• [EXERCISE DESCRIPTION]: In the records below, some lines contain "volume"; state the number of such lines and nothing else.

··· PROVIDED DATA ···

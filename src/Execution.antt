-- ===== src/Execution.antt =====
-- Execution robustness (src/execution): idempotent orders, tracked positions, the reconciliation at boot.
pub mod Submission
pub mod Positions
pub mod BootReconciliation
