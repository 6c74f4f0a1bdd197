-- ===== src/Execution/BootReconciliation.antt =====
-- src/execution/idempotent_execution.py: `reconcile_boot`. A quantity is an exact multiple of a smallest
-- unit. The symbols are taken in the order of the two dictionaries, where the source sorts them: the
-- order of the mismatches in the report is not modelled. The optional escalation and report sink are
-- taken as given.
pub mod Agreement
mod Examples
use systematic_trading_valid.Common.{
  Bool, List, Option, [], contains, false, if◌then◌else◌, leb, ltb, nat_eq, none, pair_eq, some,
  true, ℕ, ◌&&◌, ◌++◌, ◌∷◌,
}
use systematic_trading_valid.Common.Int.{abs_ℤ, pos, ℤ, ◌-ℤ◌}
use systematic_trading_valid.Common.Text.{Text, text, text_eq, upper}
use systematic_trading_valid.Common.Dict.{Dict, insert, lookup}
use systematic_trading_valid.Engine.Escalation.{
  Order, Snapshot, entry_gate_halt, level_eq, transition,
}

pub data Mismatch : Type 0 where
  unknown_broker_position missing_broker_position position_qty : Text → ℤ → ℤ → Mismatch
  orphan_open_order : Text → Mismatch

pub record Report : Type 0 where
  pub mismatches : List Mismatch
  pub tripped : Bool

-- `{s.upper(): q for s, q in positions.items()}`
abbrev pub upper_keys : Dict Text ℤ → Dict Text ℤ → Dict Text ℤ
upper_keys [] d = d
upper_keys ((s, q) ∷ ps) d = upper_keys ps (insert (upper s) q d)

abbrev pub keys : Dict Text ℤ → List Text
keys [] = []
keys ((s, q) ∷ d) = s ∷ keys d

-- `d.get(sym, 0.0)`
abbrev pub or_zero : Option ℤ → ℤ
or_zero none = pos 0
or_zero (some q) = q

abbrev pub get_qty : Text → Dict Text ℤ → ℤ
get_qty s d = or_zero (lookup s d)

-- The body of the loop: the mismatch of one symbol, if there is one
unfoldable pub symbol_mismatch : ℕ → Text → ℤ → ℤ → Option Mismatch
symbol_mismatch tol s i b =
    if ltb (abs_ℤ i) tol && leb tol (abs_ℤ b)
    then some (unknown_broker_position s i b)
    else if leb tol (abs_ℤ i) && ltb (abs_ℤ b) tol
    then some (missing_broker_position s i b)
    else if ltb tol (abs_ℤ (i -ℤ b))
    then some (position_qty s i b)
    else none

abbrev pub add_some : Option Mismatch → List Mismatch → List Mismatch
add_some none ms = ms
add_some (some m) ms = m ∷ ms

abbrev pub position_mismatches : ℕ → Dict Text ℤ → Dict Text ℤ → List Text → List Mismatch
position_mismatches tol internal broker [] = []
position_mismatches tol internal broker (s ∷ ss) =
    add_some (symbol_mismatch tol s (get_qty s internal) (get_qty s broker))
      (position_mismatches tol internal broker ss)

-- `x or set()`
abbrev pub or_none : Option (List Text) → List Text
or_none none = []
or_none (some s) = s

-- `sorted(boc - ioc)`: nothing if neither set is given
abbrev pub orphans : List Text → List Text → List Mismatch
orphans internal [] = []
orphans internal (c ∷ cs) =
    let rest = orphans internal cs in
    if contains c internal then rest else orphan_open_order c ∷ rest

abbrev pub is_empty : List Mismatch → Bool
is_empty [] = true
is_empty (m ∷ ms) = false

abbrev pub boot_order : Order
boot_order = record {
  new_level = entry_gate_halt;
  scope = text "GLOBAL";
  strategy = none;
  symbol = none;
  by = text "boot_reconciliation";
}

abbrev pub all_mismatches :
    ℕ → Dict Text ℤ → Dict Text ℤ → Option (List Text) → Option (List Text) → List Mismatch
all_mismatches tol internal broker internal_open broker_open =
    let i = upper_keys internal [] in
    let b = upper_keys broker [] in
    position_mismatches tol i b (keys i ++ keys b)
    ++ orphans (or_none internal_open) (or_none broker_open)

-- `reconcile_boot`: its report, the escalation after it, and whether it is sent to the sink
unfoldable pub reconcile_boot :
    ℕ
    → Dict Text ℤ
    → Dict Text ℤ
    → Option (List Text)
    → Option (List Text)
    → Snapshot
    → Report × Snapshot × Bool
reconcile_boot tol internal broker internal_open broker_open escalation =
    let ms = all_mismatches tol internal broker internal_open broker_open in
    if is_empty ms
    then (record { mismatches = ms; tripped = false }, escalation, false)
    else (record { mismatches = ms; tripped = true }, transition escalation boot_order, true)
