-- ===== src/Execution/BootReconciliation/Agreement.antt =====
-- When the boot is clean, and what it does when it is not.
use systematic_trading_valid.Common.{
  Bool-cases, List, Option, [], arith, beq_refl, contains, false, if◌then◌else◌, inl, inr, ltb,
  nat_eq, none, not, pair_eq, refl, some, sym, true, ℕ, ◌&&◌, ◌++◌, ◌==◌, ◌||◌, ◌↔◌, ◌∙◌, ◌∷◌, ◌≡◌,
  ◌≤◌,
}
use systematic_trading_valid.Common.Int.{abs_ℤ, int_laws, pos, ℤ, ◌-ℤ◌}
use systematic_trading_valid.Common.Text.{Text, text_beq_iff, text_eq}
use systematic_trading_valid.Common.Dict.{Dict, has_key, lookup}
use systematic_trading_valid.Execution.BootReconciliation.{
  Mismatch, add_some, all_mismatches, get_qty, is_empty, keys, or_none, orphan_open_order, orphans,
  position_mismatches, reconcile_boot, symbol_mismatch, upper_keys,
}
use systematic_trading_valid.Engine.Escalation.{Snapshot, blocks_all_entries, level_eq, transition}

-- The two quantities of a symbol agree: both are below the tolerance or neither is, and they differ by no
-- more than it.
pub record AgreeWithin (tol : ℕ) (i b : ℤ) : Type 0 where
  pub same_side : ltb (abs_ℤ i) tol ≡ ltb (abs_ℤ b) tol
  pub near : abs_ℤ (i -ℤ b) ≤ tol

agree_of_none :
    (tol : ℕ) (s : Text) (i b : ℤ) → symbol_mismatch tol s i b ≡ none → AgreeWithin tol i b
unfolding symbol_mismatch
agree_of_none tol s i b h = record { same_side = ground (arith, h); near = ground (arith, h) }

none_of_agree :
    (tol : ℕ) (s : Text) (i b : ℤ) → AgreeWithin tol i b → symbol_mismatch tol s i b ≡ none
unfolding symbol_mismatch
none_of_agree tol s i b a = ground (arith, a.same_side, a.near)

add_some-none :
    (o : Option Mismatch) (ms : List Mismatch)
    → is_empty (add_some o ms) ≡ true
    → (o ≡ none) × (is_empty ms ≡ true)
add_some-none none ms h = (refl, h)
add_some-none (some m) ms h = cc

is_empty-append : (ms ns : List Mismatch) → is_empty (ms ++ ns) ≡ is_empty ms && is_empty ns
is_empty-append [] ns = refl
is_empty-append (m ∷ ms) ns = refl

contains-append :
    (s : Text) (xs ys : List Text) → contains s (xs ++ ys) ≡ contains s xs || contains s ys
contains-append s [] ys = refl
contains-append s (x ∷ xs) ys = ground (arith, contains-append s xs ys)

contains-keys : (s : Text) (d : Dict Text ℤ) → contains s (keys d) ≡ has_key s d
unfolding lookup
contains-keys s [] = refl
contains-keys s ((k, q) ∷ d) = ground (arith, contains-keys s d)

missing-zero : (s : Text) (d : Dict Text ℤ) → has_key s d ≡ false → get_qty s d ≡ pos 0
missing-zero s d h = ground arith

module _ (tol : ℕ) (i b : Dict Text ℤ) where
  abbrev AgreeAt : Text → Type 0
  AgreeAt s = AgreeWithin tol (get_qty s i) (get_qty s b)

  listed-AgreeAt :
      (ss : List Text) (s : Text)
      → is_empty (position_mismatches tol i b ss) ≡ true
      → contains s ss ≡ true
      → AgreeAt s
  listed-AgreeAt [] s h c = cc
  listed-AgreeAt (x ∷ ss) s h c =
      let e = add_some-none _ _ h in
      elim (Bool-cases (x == s)) [
        | inl same ↦ same-AgreeAt x s ((text_beq_iff x s).0 same) (agree_of_none tol x _ _ e.0)
        | inr other ↦ listed-AgreeAt ss s e.1 (ground (arith, c, other))
      ]
    where
      same-AgreeAt : (x s : Text) → x ≡ s → AgreeAt x → AgreeAt s
      same-AgreeAt x s p a = rw (sym p) a

  unlisted-AgreeAt : (s : Text) → contains s (keys i ++ keys b) ≡ false → AgreeAt s
  unlisted-AgreeAt s h =
      zero-AgreeAt
        (missing-zero s i
          (ground (arith, h, contains-append s (keys i) (keys b), contains-keys s i)))
        (missing-zero s b
          (ground (arith, h, contains-append s (keys i) (keys b), contains-keys s b)))
    where
      zero-AgreeAt : get_qty s i ≡ pos 0 → get_qty s b ≡ pos 0 → AgreeAt s
      zero-AgreeAt p q = rw (p, q) (record { same_side = refl; near = grind int_laws })

  agreed-none :
      (ss : List Text) → ((s : Text) → AgreeAt s) → is_empty (position_mismatches tol i b ss) ≡ true
  agreed-none [] h = refl
  agreed-none (s ∷ ss) h = rw (none_of_agree tol s _ _ (h s)) (agreed-none ss h)

orphan-false :
    (known : List Text) (x : Text) (ms : List Mismatch)
    → contains x known ≡ false
    → is_empty (if contains x known then ms else orphan_open_order x ∷ ms) ≡ false
orphan-false known x ms h = simp h refl

orphans-none :
    (known ids : List Text) (c : Text)
    → is_empty (orphans known ids) ≡ true
    → contains c ids ≡ true
    → contains c known ≡ true
orphans-none known [] c h k = cc
orphans-none known (x ∷ ids) c h k = elim (Bool-cases (contains x known)) [
  | inl e ↦ elim (Bool-cases (x == c)) [
    | inl same ↦ as_known x c ((text_beq_iff x c).0 same) e
    | inr other ↦ orphans-none known ids c (ground (arith, h, e)) (ground (arith, k, other))
  ]
  | inr e ↦ cc (orphan-false known x (orphans known ids) e, h)
]
  where
    as_known : (x c : Text) → x ≡ c → contains x known ≡ true → contains c known ≡ true
    as_known x c p a = rw (sym p) a

known-none :
    (known ids : List Text)
    → ((c : Text) → contains c ids ≡ true → contains c known ≡ true)
    → is_empty (orphans known ids) ≡ true
known-none known [] h = refl
known-none known (x ∷ ids) h =
    simp (h x (simp (beq_refl x) refl)) (known-none known ids (λ c k. h c (ground (arith, k))))

module _ (tol : ℕ) (internal broker : Dict Text ℤ)
    (internal_open broker_open : Option (List Text)) where
  -- What a clean boot means.
  pub record IsReconciled : Type 0 where
    pub positions :
        (s : Text)
        → AgreeWithin tol (get_qty s (upper_keys internal [])) (get_qty s (upper_keys broker []))
    pub orders :
        (c : Text)
        → contains c (or_none broker_open) ≡ true
        → contains c (or_none internal_open) ≡ true

  abbrev all : List Mismatch
  all = all_mismatches tol internal broker internal_open broker_open

  none→IsReconciled : is_empty all ≡ true → IsReconciled
  none→IsReconciled h =
      let i = upper_keys internal [] in
      let b = upper_keys broker [] in
      let ps = position_mismatches tol i b (keys i ++ keys b) in
      let os = orphans (or_none internal_open) (or_none broker_open) in
      record {
        positions = λ s. elim (Bool-cases (contains s (keys i ++ keys b))) [
          | inl c ↦ listed-AgreeAt tol i b _ s (ground (arith, h, is_empty-append ps os)) c
          | inr c ↦ unlisted-AgreeAt tol i b s c
        ];
        orders = λ c k. orphans-none _ _ c (ground (arith, h, is_empty-append ps os)) k;
      }

  IsReconciled→none : IsReconciled → is_empty all ≡ true
  IsReconciled→none r =
      let i = upper_keys internal [] in
      let b = upper_keys broker [] in
      is_empty-append (position_mismatches tol i b (keys i ++ keys b)) _
      ∙ ground (
        arith,
        agreed-none tol i b (keys i ++ keys b) r.positions,
        known-none (or_none internal_open) (or_none broker_open) r.orders,
      )

  tripped_iff :
      (s : Snapshot)
      → (reconcile_boot tol internal broker internal_open broker_open s).0.tripped
        ≡ not (is_empty all)
  unfolding reconcile_boot
  tripped_iff s = ground arith

  -- The reconciliation trips exactly if some symbol, with its names in upper case, has quantities that do
  -- not agree within the tolerance, or some open order of the broker is not known.
  pub clean_iff_reconciled :
      (s : Snapshot)
      → ((reconcile_boot tol internal broker internal_open broker_open s).0.tripped ≡ false)
        ↔ IsReconciled
  clean_iff_reconciled s = (
    λ h. none→IsReconciled (ground (arith, h, tripped_iff s)),
    λ r. tripped_iff s ∙ rw (IsReconciled→none r) refl,
  )

  -- A boot that trips blocks all entries, is reported, and keeps a shutdown latch as it was.
  pub mismatch_blocks_entries :
      (s : Snapshot)
      → (reconcile_boot tol internal broker internal_open broker_open s).0.tripped ≡ true
      → (let r = reconcile_boot tol internal broker internal_open broker_open s in
          (blocks_all_entries r.1 ≡ true)
          × (r.2 ≡ true)
          × (r.1.engine_shutdown_latched ≡ s.engine_shutdown_latched))
  unfolding reconcile_boot transition blocks_all_entries
  mismatch_blocks_entries s h = elim (Bool-cases (is_empty all)) [
    | inl e ↦ cc (h, e)
    | inr e ↦ simp e (refl, refl, refl)
  ]
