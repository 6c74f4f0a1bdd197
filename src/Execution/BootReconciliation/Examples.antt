-- ===== src/Execution/BootReconciliation/Examples.antt =====
-- A boot with one foreign position.
use systematic_trading_valid.Common.{[], false, nat_eq, none, pair_eq, refl, some, ◌↔◌, ◌∷◌, ◌≡◌}
use systematic_trading_valid.Common.Int.{negsuc, pos, ℤ, ◌-ℤ◌}
use systematic_trading_valid.Common.Text.{Text, text, text_eq, upper}
use systematic_trading_valid.Common.Dict.{Dict, insert, lookup}
use systematic_trading_valid.Execution.BootReconciliation.{
  reconcile_boot, symbol_mismatch, unknown_broker_position,
}
use systematic_trading_valid.Engine.Escalation.{fresh, level_eq}
use systematic_trading_valid.Execution.BootReconciliation.Agreement.{
  IsReconciled, clean_iff_reconciled,
}

abbrev ours : Dict Text ℤ
ours = (text "spy", pos 100) ∷ (text "QQQ", pos 0) ∷ []

abbrev same : Dict Text ℤ
same = (text "SPY", pos 101) ∷ []

abbrev foreign : Dict Text ℤ
foreign = (text "TLT", negsuc 49) ∷ (text "SPY", pos 101) ∷ []

clean_iff_reconciled_example :
    ((reconcile_boot 2 ours same none (some []) fresh).0.tripped ≡ false)
    ↔ IsReconciled 2 ours same none (some [])
clean_iff_reconciled_example = clean_iff_reconciled 2 ours same none (some []) fresh

is_clean : (reconcile_boot 2 ours same none (some []) fresh).0.tripped ≡ false
unfolding reconcile_boot symbol_mismatch upper insert lookup ◌-ℤ◌
is_clean = refl

foreign_found :
    (reconcile_boot 2 ours foreign none none fresh).0.mismatches
    ≡ unknown_broker_position (text "TLT") (pos 0) (negsuc 49) ∷ []
unfolding reconcile_boot symbol_mismatch upper insert lookup ◌-ℤ◌
foreign_found = refl
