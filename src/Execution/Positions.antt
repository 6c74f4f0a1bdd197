-- ===== src/Execution/Positions.antt =====
-- src/execution/idempotent_execution.py: `PositionTracker`. A quantity is an exact multiple of a smallest
-- unit; prices stay abstract, with the volume-weighted mean of the source as a parameter.
pub mod Fills
mod Examples
use systematic_trading_valid.Common.{
  Bool, List, Option, [], contains, if◌then◌else◌, leb, ltb, nat_eq, none, not, pair_eq, some, ℕ,
  ◌&&◌, ◌+◌, ◌==◌, ◌||◌, ◌∷◌,
}
use systematic_trading_valid.Common.Int.{abs_ℤ, leb_ℤ, ltb_ℤ, max_ℤ, pos, ℤ, ◌+ℤ◌, ◌-ℤ◌}
use systematic_trading_valid.Common.Text.{Text, lower, text, text_eq, upper}
use systematic_trading_valid.Common.Dict.{Dict, insert, lookup}

-- The volume-weighted mean: `(abs(q) * avg + abs(s) * price) / (abs(q) + abs(s))`.
abbrev pub Mean : Type 0 → Type 0
Mean P = ℕ → P → ℕ → P → P

pub record Position (P : Type 0) : Type 0 where
  pub qty : ℤ
  pub avg_price : P

-- `_positions` and `_applied`
pub record Tracker (P : Type 0) : Type 0 where
  pub positions : Dict Text (Position P)
  pub applied : List Text

-- The order of a broker, with its average price of the abstract type.
pub record Fill (P : Type 0) : Type 0 where
  pub client_order_id : Text
  pub symbol : Text
  pub side : Text
  pub qty : ℤ
  pub status : Text
  pub filled_qty : ℤ
  pub filled_avg_price : P

abbrev pub qty_of : {P : Type 0} → Option (Position P) → ℤ
qty_of none = pos 0
qty_of (some p) = p.qty

-- `position(symbol)`
unfoldable pub position : {P : Type 0} → Tracker P → Text → ℤ
position t symbol = qty_of (lookup (upper symbol) t.positions)

-- `snapshot()`: the quantities that are not zero
abbrev pub open_positions : {P : Type 0} → Dict Text (Position P) → Dict Text ℤ
open_positions [] = []
open_positions ((s, p) ∷ d) =
    let rest = open_positions d in if ltb 0 (abs_ℤ p.qty) then (s, p.qty) ∷ rest else rest

abbrev pub no_fill_statuses : List Text
no_fill_statuses =
    text "rejected"
    ∷ text "submission_failed"
    ∷ text "canceled"
    ∷ text "cancelled"
    ∷ text "new"
    ∷ []

abbrev pub left_over : {P : Type 0} → Fill P → ℤ
left_over o = max_ℤ (o.qty -ℤ o.filled_qty) (pos 0)

abbrev pub signed : {P : Type 0} → Fill P → ℤ
signed o = if lower o.side == text "buy" then o.filled_qty else pos 0 -ℤ o.filled_qty

-- `pos.qty == 0.0 or (pos.qty > 0) == (signed > 0)`
abbrev pub same_side : ℤ → ℤ → Bool
same_side q s =
    leb (abs_ℤ q) 0 || (if ltb_ℤ (pos 0) q then ltb_ℤ (pos 0) s else not (ltb_ℤ (pos 0) s))

abbrev pub or_price : {P : Type 0} → Option P → P → P
or_price none p = p
or_price (some q) p = q

-- The position after the fill of an order, at the price given or at the order's own
abbrev pub filled : {P : Type 0} → Mean P → Position P → Fill P → Option P → Position P
filled mean p o price =
    let s = signed o in
    record {
      qty = p.qty +ℤ s;
      avg_price =
          if same_side p.qty s && ltb 0 (abs_ℤ p.qty + abs_ℤ s)
          then mean (abs_ℤ p.qty) p.avg_price (abs_ℤ s) (or_price price o.filled_avg_price)
          else p.avg_price;
    }

abbrev pub position_or : {P : Type 0} → P → Option (Position P) → Position P
position_or zero_price none = record { qty = pos 0; avg_price = zero_price }
position_or zero_price (some p) = p

-- `apply`, with the remainder that it returns
unfoldable pub apply : {P : Type 0} → Mean P → P → Tracker P → Fill P → Option P → Tracker P × ℤ
apply mean zero_price t o price =
    let status = lower o.status in
    if contains status no_fill_statuses && leb_ℤ o.filled_qty (pos 0)
    then (t, (if status == text "new" then left_over o else pos 0))
    else if contains o.client_order_id t.applied
    then (t, left_over o)
    else if leb_ℤ o.filled_qty (pos 0)
    then (t, left_over o)
    else (
      record {
        positions =
            insert (upper o.symbol)
              (filled mean (position_or zero_price (lookup (upper o.symbol) t.positions)) o price)
              t.positions;
        applied = o.client_order_id ∷ t.applied;
      },
      left_over o,
    )
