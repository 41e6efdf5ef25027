-- ===== src/Control/Client/Registers.antt =====
-- Registers in src/p4net/control/client.py, which go through the `simple_switch_CLI` process.
use p4net.Base.{
  ℕ, Bool, true, false, not, ◌||◌, Option, none, some, List, [], ◌∷◌, ◌++◌, ok, err, ◌>>=◌, ◌>>◌,
  raise_if, require, ℤ, pos, negsuc, ltb, ◌==◌, if◌then◌else◌, length,
}
use p4net.Base.Text.{Text, codes, split}
use p4net.Builtins.IntText.{parse_int, strip, str_int}
use p4net.Builtins.Lines.{splitlines, after_prefix, starts_with, occurs, after_char}
use p4net.Control.Codec.{int, encode_value}
use p4net.Control.Index.{RegisterSpec, new_index, register_by_name, encoding}
use p4net.Control.Client.RpcErrors.{p4runtime_error, encoding_error, index_error}
use p4net.Control.Client.{Client, Called, lift_index, require_connected_with_index}

-- A line without the prompt and the white space around it.
unfoldable pub clean_line : Text → Text
clean_line raw = elim (after_prefix (codes "RuntimeCmd:") (strip raw)) [
  | none ↦ strip raw
  | some rest ↦ strip rest
]

unfoldable pub int_or_error : Text → Called ℤ
int_or_error s = require (parse_int 10 s) p4runtime_error

-- The first line that begins with the needle and has an equals sign.
unfoldable pub single_in : Text → List Text → Called ℤ
unfolding clean_line int_or_error
single_in needle [] = err p4runtime_error
single_in needle (raw ∷ rest) =
    let later = single_in needle rest in
    if starts_with needle (clean_line raw)
    then (elim (after_char b'=' (clean_line raw)) [
      | none ↦ later
      | some value ↦ int_or_error (strip value)
    ])
    else later

unfoldable pub parse_register_read_single : Text → Text → Called ℤ
unfolding single_in
parse_register_read_single output name = single_in (name ++ codes "[") (splitlines output)

abbrev is_blank : Text → Bool
is_blank [] = true
is_blank (c ∷ s) = false

-- `[int(v.strip()) for v in parts if v.strip()]`
unfoldable pub ints_of : List Text → Called (List ℤ)
unfolding int_or_error
ints_of [] = ok []
ints_of (v ∷ vs) = elim (is_blank (strip v)) [
  | true ↦ ints_of vs
  | false ↦ do n ← int_or_error (strip v); ns ← ints_of vs; ok (n ∷ ns)
]

unfoldable pub sized_ints : ℕ → Text → Called (List ℤ)
unfolding ints_of
sized_ints size value = do
  values ← ints_of (split b',' (strip value))
  raise_if (not (length values == size)) p4runtime_error
  ok values

unfoldable pub array_in : Text → ℕ → List Text → Called (List ℤ)
unfolding clean_line sized_ints
array_in needle size [] = err p4runtime_error
array_in needle size (raw ∷ rest) =
    let later = array_in needle size rest in
    elim (after_prefix needle (clean_line raw)) [
      | none ↦ later
      | some value ↦ sized_ints size value
    ]

unfoldable pub parse_register_read_array : Text → Text → ℕ → Called (List ℤ)
unfolding array_in
parse_register_read_array output name size = array_in (name ++ codes "=") size (splitlines output)

-- What becomes of the process: it is not found, it runs out of time, or it ends.
pub data CliOutcome : Type 0 where
  not_found_on_path timed_out : CliOutcome
  completed : ℤ → Text → Text → CliOutcome

abbrev error_line : Text → Bool
error_line s = starts_with (codes "Error:") s || occurs (codes "Invalid") s

unfoldable pub any_error_line : List Text → Bool
any_error_line [] = false
any_error_line (l ∷ ls) = error_line (strip l) || any_error_line ls

unfoldable pub cli_stdout : CliOutcome → Called Text
unfolding any_error_line
cli_stdout not_found_on_path = err p4runtime_error
cli_stdout timed_out = err p4runtime_error
cli_stdout (completed (negsuc n) out errors) = err p4runtime_error
cli_stdout (completed (pos n) out errors) = do
  raise_if (not (n == 0)) p4runtime_error
  raise_if (any_error_line (splitlines (out ++ errors))) p4runtime_error
  ok out

-- `0 <= index < size`
unfoldable pub in_register : ℕ → ℤ → Bool
in_register size (pos n) = ltb n size
in_register size (negsuc n) = false

unfoldable pub write_command : Text → ℤ → ℤ → Text
write_command name index value =
    codes "register_write " ++ (name ++ (b' ' ∷ (str_int index ++ (b' ' ∷ str_int value))))

unfoldable pub read_command : Text → Option ℤ → Text
read_command name none = codes "register_read " ++ name
read_command name (some index) = codes "register_read " ++ (name ++ (b' ' ∷ str_int index))

-- The command of `write_register`, behind its checks.
unfoldable pub register_write : Client → Text → ℤ → ℤ → Called Text
unfolding in_register write_command
register_write c name index value = do
  info ← require_connected_with_index c
  spec ← lift_index (register_by_name (new_index info) name)
  raise_if (not (in_register spec.size index)) encoding_error
  elim (encode_value (int value) spec.bitwidth) [
    | err e ↦ err (index_error (encoding e))
    | ok _ ↦ ok (write_command name index value)
  ]

abbrev index_outside : ℕ → Option ℤ → Bool
index_outside size none = false
index_outside size (some index) = not (in_register size index)

unfoldable pub register_read : Client → Text → Option ℤ → Called (RegisterSpec × Text)
unfolding read_command
register_read c name index = do
  info ← require_connected_with_index c
  spec ← lift_index (register_by_name (new_index info) name)
  raise_if (index_outside spec.size index) encoding_error
  ok (spec, read_command name index)

-- The process, given the host, the port and its input.
module _ {S : Type 0} (cli : S → Text → ℕ → Text → S × CliOutcome) where
  abbrev answered : S × CliOutcome → S × Called Text
  answered (s, o) = (s, cli_stdout o)

  unfoldable pub run_thrift_cli : Client → Text → S → S × Called Text
  unfolding cli_stdout
  run_thrift_cli c command s = elim c.thrift_address [
    | none ↦ (s, err p4runtime_error)
    | some (host, port) ↦ answered (cli s host port (command ++ codes "\n"))
  ]

  abbrev then_done : S × Called Text → S × Called (Unit {0})
  then_done (s, r) = (s, r >>= λ _. ok tt)

  unfoldable pub write_register : Client → Text → ℤ → ℤ → S → S × Called (Unit {0})
  unfolding run_thrift_cli
  write_register c name index value s = elim (register_write c name index value) [
    | err e ↦ (s, err e)
    | ok command ↦ then_done (run_thrift_cli c command s)
  ]

  abbrev then_parse : {A : Type 0} → (Text → Called A) → S × Called Text → S × Called A
  then_parse f (s, r) = (s, r >>= f)

  -- `read_register(name, index)`
  unfoldable pub read_register_cell : Client → Text → ℤ → S → S × Called ℤ
  unfolding run_thrift_cli
  read_register_cell c name index s = elim (register_read c name (some index)) [
    | err e ↦ (s, err e)
    | ok (spec, command) ↦
        then_parse (λ out. parse_register_read_single out name) (run_thrift_cli c command s)
  ]

  -- `read_register(name)`
  unfoldable pub read_register : Client → Text → S → S × Called (List ℤ)
  unfolding run_thrift_cli
  read_register c name s = elim (register_read c name none) [
    | err e ↦ (s, err e)
    | ok (spec, command) ↦
        then_parse (λ out. parse_register_read_array out name spec.size)
          (run_thrift_cli c command s)
  ]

···

• [TASK OUTPUT]: 2